第77ターン エド主水のちょっとエッチな荒業
不慮の事故から身体の自由を失った高校生、日乃本純は格闘ゲームのプロを目指して立ち上がる。涙と感動の格ゲー根性物語。
「やった!スゲェぞ、クー子!」
純が思わず声を上げる!花崎もマーベェラスと後に続く。マスター夢原もグッと小さくガッツポーズ。
チャンリーの秘技「荒熊倒」でエド主水を転倒させたクー子。続け様に同じ技を繰り出す。打撃戦から投げ技中心の組立にシフトした格好だ。
荒熊倒を連発された河内が操る相撲レスラー、エド主水。その体力ゲージは半減し、初めてこの技を喰らったのか、プレイヤーの狼狽がキャラクターの動きから透けて見える。どうも挙動不審なのだ。
「ん〜もぉ〜面倒さいなぁ〜」
怠惰を絵に描いたようなフォルムの河内。まさにカウチポテト族のベテランといった風情だが、ジッサイ格ゲーが好きなのかどうかも分からない。
とにかく面倒だと言っては突っ張りを連発する、だらしないスタイルの河内。どうやら技を競うより、相手を一方的にブッ潰すことにだけ快楽を見出すタイプなのかも知れない。
「ちょっと新井!こっちが苦戦してるの?」
花崎蘭子が苛立ち始める。この闘いには自分の将来がかかっている、さえない兄から花崎の家督を奪うのだ。
眉間に怒りが溜まった蘭子の形相に、親衛隊長の新井は畏まってシドロモドロの弁明をする。
「今プレイしている河内は素質は申し分ないのですが、まだ経験値が、、」
「何よ、素人ってこと?!」
「いや、勿論オーディションを勝ち抜いたプレイヤーです、ハイ!」
口が裂けても参加者が五人だったとは言えない。名門校サンシャイン学院にも格ゲーヲタクはいるだろうと楽観的に人選に着手したが、募集期間の短さがたたって定員割れのオーディションとなっていたのだ。
「オイッ、ランラン!どうしちまったのだ、お前んとこの相撲取りは?」
純の嫌味にチッと舌打ちして、蘭子がディレクターチェアからメガホン片手に河内を叱責する。
「シッカリしなさい、お相撲取り!アンタも何か別の技をやってみなさいよ!」
「ん〜もぉ〜面倒さいなぁ〜」
と言うと、河内は当てずっぽうにL1を押すと、偶然にも最適なタイミングでクー子・チャンリーの投げ技と被った。

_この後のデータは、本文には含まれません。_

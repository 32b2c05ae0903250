-- ===== src/Signaling/Client/Alive.antt =====
-- internal/signaling/transport.go: the client keeps coming back.
use open_friend_mc.Prelude.{
  ℕ, suc, ◌+◌, ◌-◌, ◌≤◌, ◌<◌, ◌≡◌, refl, arith, ◌∙◌, Bool, true, false, not, ◌||◌, List, [], ◌∷◌,
  none, ◌==◌, comparable_nat, if◌then◌else◌, if_lem,
}
use open_friend_mc.Signaling.Client.{
  Client, Event, connects, closes, begins, dials, settles, fires, dial_fails, read_ends, step, run,
  new_client, connect, close, schedule_reconnect, handle_close, opened, doubled, initial_backoff,
  max_backoff, is_set,
}

-- The goroutines that will lead to a connection.
abbrev pub busy : Client → ℕ
busy c = c.attempts + c.dialling + c.timers + c.readers

pub record IsSound (c : Client) : Type 0 where
  pub low : initial_backoff ≤ c.backoff
  pub high : c.backoff ≤ max_backoff
  pub idle : c.closed ≡ false → busy c ≡ 0 → (c.connecting ≡ false) × (is_set c.ws ≡ false)

schedule_reconnect-IsSound :
    (u : Bool) (c : Client)
    → initial_backoff ≤ c.backoff
    → c.backoff ≤ max_backoff
    → IsSound (schedule_reconnect u c)
unfolding schedule_reconnect
schedule_reconnect-IsSound u c low high =
    if_lem IsSound _ _ c.closed (λ e. record { low = low; high = high; idle = λ f. cc })
      (λ e. record { low = ground arith; high = ground arith; idle = λ f g. absurd (omega arith) })

step-IsSound : (e : Event) (c : Client) → IsSound c → IsSound (step c e)
unfolding step connect close handle_close opened
step-IsSound connects c v =
    if_lem IsSound _ _ (c.closed || (is_set c.ws || c.connecting)) (λ e. v)
      (λ e. record { low = v.low; high = v.high; idle = λ f g. absurd (omega arith) })
step-IsSound closes c v = record { low = v.low; high = v.high; idle = λ f. cc }
step-IsSound begins c v =
    if_lem IsSound _ _ (c.attempts == 0) (λ e. v)
      (λ e.
        if_lem IsSound _ _ c.closed (λ f. record { low = v.low; high = v.high; idle = λ g. cc })
          (λ f. record { low = v.low; high = v.high; idle = λ g k. absurd (omega arith) }))
step-IsSound dials c v =
    if_lem IsSound _ _ (c.dialling == 0) (λ e. v)
      (λ e. record { low = v.low; high = v.high; idle = λ f g. absurd (omega arith) })
step-IsSound (dial_fails u) c v =
    if_lem IsSound _ _ (c.dialling == 0) (λ e. v)
      (λ e. schedule_reconnect-IsSound u (record c { dialling = c.dialling - 1 }) v.low v.high)
step-IsSound settles c v =
    if_lem IsSound _ _ (c.settling == 0) (λ e. v)
      (λ e. record { low = omega arith; high = omega arith; idle = λ f g. (refl, (v.idle f g).1) })
step-IsSound fires c v =
    if_lem IsSound _ _ (c.timers == 0) (λ e. v)
      (λ e. record { low = v.low; high = v.high; idle = λ f g. absurd (omega arith) })
step-IsSound (read_ends u) c v =
    if_lem IsSound _ _ (c.readers == 0) (λ e. v)
      (λ e.
        schedule_reconnect-IsSound u
          (record c { readers = c.readers - 1; pinging = false; ws = none; ready = false }) v.low
          v.high)

run_from-IsSound : (es : List Event) (c : Client) → IsSound c → IsSound (run c es)
unfolding run
run_from-IsSound [] c v = v
run_from-IsSound (e ∷ es) c v = run_from-IsSound es (step c e) (step-IsSound e c v)

-- After any events, in any order: the backoff lies between the initial and the longest one, and while
-- the client is not closed and no goroutine is on its way to a connection, it is not marked as
-- connecting and has no connection, so that `Connect` starts an attempt.
pub run-IsSound : (es : List Event) → IsSound (run new_client es)
unfolding new_client
run-IsSound es =
    run_from-IsSound es new_client
      (record { low = omega arith; high = omega arith; idle = λ f g. (refl, refl) })

-- What has to happen for a connection: the next goroutine in turn goes on and its dial goes well; where
-- there is none, `Connect` is called.
pub comeback : Client → List Event
comeback c =
    if not (c.dialling == 0)
    then dials ∷ settles ∷ []
    else if not (c.attempts == 0)
    then begins ∷ dials ∷ settles ∷ []
    else if not (c.timers == 0)
    then fires ∷ begins ∷ dials ∷ settles ∷ []
    else if not (c.readers == 0)
    then read_ends false ∷ fires ∷ begins ∷ dials ∷ settles ∷ []
    else connects ∷ begins ∷ dials ∷ settles ∷ []

pub record IsConnected (c : Client) : Type 0 where
  pub has_ws : is_set c.ws ≡ true
  pub ready : c.ready ≡ true
  pub settled : c.connecting ≡ false
  pub reset : c.backoff ≡ initial_backoff

not_zero : (n : ℕ) → 0 < n → (n == 0) ≡ false
not_zero n h = ground arith

-- `n` is not zero where the test says so.
positive : (n : ℕ) → not (n == 0) ≡ true → 0 < n
positive n h = ground arith

is_zero : (n : ℕ) → not (n == 0) ≡ false → n ≡ 0
is_zero n h = ground arith

dials-IsConnected : (c : Client) → 0 < c.dialling → IsConnected (run c (dials ∷ settles ∷ []))
unfolding run step opened
dials-IsConnected c h =
    simp (not_zero c.dialling h, not_zero (suc c.settling) (omega arith))
      (record { has_ws = refl; ready = refl; settled = refl; reset = refl })

if_false : (b : Bool) (x y : Client) → b ≡ false → (if b then x else y) ≡ y
if_false true x y h = cc
if_false false x y h = refl

-- To go on behind a step.
behind :
    (c after : Client) (e : Event) (es : List Event)
    → step c e ≡ after
    → IsConnected (run after es)
    → IsConnected (run c (e ∷ es))
unfolding run
behind c after e es same v = rw same v

begins-IsConnected :
    (c : Client)
    → c.closed ≡ false
    → 0 < c.attempts
    → IsConnected (run c (begins ∷ dials ∷ settles ∷ []))
begins-IsConnected c live h =
    let after = record c { attempts = c.attempts - 1; dialling = suc c.dialling } in
    behind c after begins (dials ∷ settles ∷ []) begun (dials-IsConnected after (omega arith))
  where
    begun : step c begins ≡ record c { attempts = c.attempts - 1; dialling = suc c.dialling }
    begun =
        unfold step in
        (if_false (c.attempts == 0) _ _ (not_zero c.attempts h)) ∙ if_false c.closed _ _ live

fires-IsConnected :
    (c : Client)
    → c.closed ≡ false
    → 0 < c.timers
    → IsConnected (run c (fires ∷ begins ∷ dials ∷ settles ∷ []))
unfolding step
fires-IsConnected c live h =
    let after = record c { timers = c.timers - 1; attempts = suc c.attempts } in
    behind c after fires (begins ∷ dials ∷ settles ∷ [])
      (if_false (c.timers == 0) c after (not_zero c.timers h))
      (begins-IsConnected after live (omega arith))

read_ends-IsConnected :
    (c : Client)
    → c.closed ≡ false
    → 0 < c.readers
    → IsConnected (run c (read_ends false ∷ fires ∷ begins ∷ dials ∷ settles ∷ []))
unfolding step handle_close schedule_reconnect
read_ends-IsConnected c live h =
    let after = record c {
      readers = c.readers - 1;
      pinging = false;
      ws = none;
      ready = false;
      connecting = true;
      backoff = doubled c.backoff;
      timers = suc c.timers;
    } in
    behind c after (read_ends false) (fires ∷ begins ∷ dials ∷ settles ∷ [])
      (if_false (c.readers == 0) c _ (not_zero c.readers h) ∙ if_false c.closed _ after live)
      (fires-IsConnected after live (omega arith))

connects-IsConnected :
    (c : Client)
    → c.closed ≡ false
    → (c.connecting ≡ false) × (is_set c.ws ≡ false)
    → IsConnected (run c (connects ∷ begins ∷ dials ∷ settles ∷ []))
unfolding step connect
connects-IsConnected c live (settled, unset) =
    let after = record c { connecting = true; attempts = suc c.attempts } in
    let free : (c.closed || (is_set c.ws || c.connecting)) ≡ false =
      simp (live, unset, settled) refl in
    behind c after connects (begins ∷ dials ∷ settles ∷ [])
      (if_false (c.closed || (is_set c.ws || c.connecting)) c after free)
      (begins-IsConnected after live (omega arith))

comeback-IsConnected :
    (c : Client) → IsSound c → c.closed ≡ false → IsConnected (run c (comeback c))
unfolding comeback
comeback-IsConnected c v live =
    let P : List Event → Type 0 = λ es. IsConnected (run c es) in
    if_lem P _ _ (not (c.dialling == 0)) (λ d. dials-IsConnected c (positive c.dialling d))
      (λ d.
        if_lem P _ _ (not (c.attempts == 0))
          (λ a. begins-IsConnected c live (positive c.attempts a))
          (λ a.
            if_lem P _ _ (not (c.timers == 0)) (λ t. fires-IsConnected c live (positive c.timers t))
              (λ t.
                if_lem P _ _ (not (c.readers == 0))
                  (λ r. read_ends-IsConnected c live (positive c.readers r))
                  (λ r. connects-IsConnected c live (
                    v.idle live (
                      omega (
                        arith,
                        is_zero c.dialling d,
                        is_zero c.attempts a,
                        is_zero c.timers t,
                        is_zero c.readers r,
                      )))))))

-- The client never gives up: after any events in any order that leave it not closed, at most five more
-- lead to a client that has a connection, is ready, is no longer connecting and has the initial backoff:
-- the goroutine that is due goes on, or, where there is none, `Connect` is called, and the dial goes well.
pub run-comeback :
    (es : List Event)
    → (run new_client es).closed ≡ false
    → IsConnected (run (run new_client es) (comeback (run new_client es)))
run-comeback es live = comeback-IsConnected (run new_client es) (run-IsSound es) live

打撃系のチャンリーと組技系のエド主水。バトツーは投げ合いとなれば当然、エド主水が有利となる設計。
マズイ!夢原が思わず唸った刹那、なんとエド主水がチャンリーを捕らえるとサバ折りの格好で可憐な拳法美人を抱き、そして締め上げる。
そのアクションがヘンタイ的ですっかり気に入ってしまった様子のカウチポテトの族長、河内。
「ムフ、コイツぁイイ〜」
つづく
人物紹介
・日乃本 純 ひのもと じゅん
本作の主人公。元は少林寺拳法に汗を流す高校二年生。事故で障がいを負い格ゲーでリハビリ中。バト2では日本人空手家リョウを使う。一人称は俺っち。
・クー子 くーこ
純の真ダチ。児童クラブ時代からの付き合い。ハイカラな東京言葉を使うが、実は関西出身。
・音々 ねね
純の姉。両親を早く亡くした純の母親代わり。苦学して一家を支える博識。何か秘密を抱えているようだ。
・花崎 誇 はなさき ほこる
医療法人花崎会の跡取り。純のライバルで格ゲー仲間。アメリカンな空手家ゲンを使う。一人称はミー。
・夢原 省吾 ゆめはら しょうご
伝説のプロゲーマー。落ちぶれ飲んだくれに。純と花崎の指導者としてゲーム界に復帰。音々とは因縁が、、
・花崎蘭子 はなさき らんこ
花崎の妹。兄を侮る高慢な女子高生。自分こそが花崎家の跡取りに相応しいと思っているようだ。一人称はアタクシ。
・蛭田恭介 ひるた きょうすけ
元蘭子の親衛隊長。今はニヒリストを気取り文学と格ゲーに耽る。一人称は小生。
・Drケーシー花崎 ドクターケーシーはなさき
医療法人花崎会の理事長にして、花崎兄妹の父。純に格ゲーによるリハビリを指導中。
・事務長 じむちょう
医療法人花崎会の事務方トップにして、花崎家の執事。
・ロードバトラー2
人気の格闘ゲーム。略称バトツー。リョウ、ゲン、ダル・シン、ハシミコフ、チャンリー、ゲイルなど多彩な格闘家が集う。某有名格闘ゲームとは無関係。